Deputy Governor of Akwa Ibom State
- In office 3 November 2012 – 29 May 2015
- Preceded by: Nsima Ekere
- Succeeded by: Moses Ekpo

Personal details
- Born: 26 March 1947 (age 79) Mkpat Enin, Uyo, Akwa Ibom State, Nigeria
- Party: People's Democratic Party
- Spouse: Mkpisong Maurice Ebe (wid.)
- Education: University of Nigeria, Nsukka, University of Uyo
- Occupation: Lawyer Politician

= Valerie Ebe =

Nigerian lawyer and politician

Valerie Maurice Ebe (née Bassey; born 26 March 1947), is a Nigerian lawyer and politician who was the first female Deputy Governor of Akwa Ibom State.

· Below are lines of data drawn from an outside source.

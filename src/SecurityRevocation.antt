-- ===== src/SecurityRevocation.antt =====
-- security_revocation.py: printed vouchers that stay unused are removed from the controller, and
-- the local history keeps them.
pub mod Records
pub mod Reconciliation
pub mod Live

==Early life and education==
Ebe was born on the 26 March 1947 to Edidem Paul Bassey, the provincial ruler of Etoi Clan. She attended the Holy Child Primary School, Calabar and was admitted into Holy Child Secondary School, Calabar in 1957 for her secondary school education. She later trained to be a teacher at the Holy Child Teacher Training College, Ifuho. She studied History and Archaeology at the University of Nigeria, Nsukka and later studied law at the University of Uyo. She was admitted as a Barrister and Solicitor of the Supreme Court of Nigeria in 1998.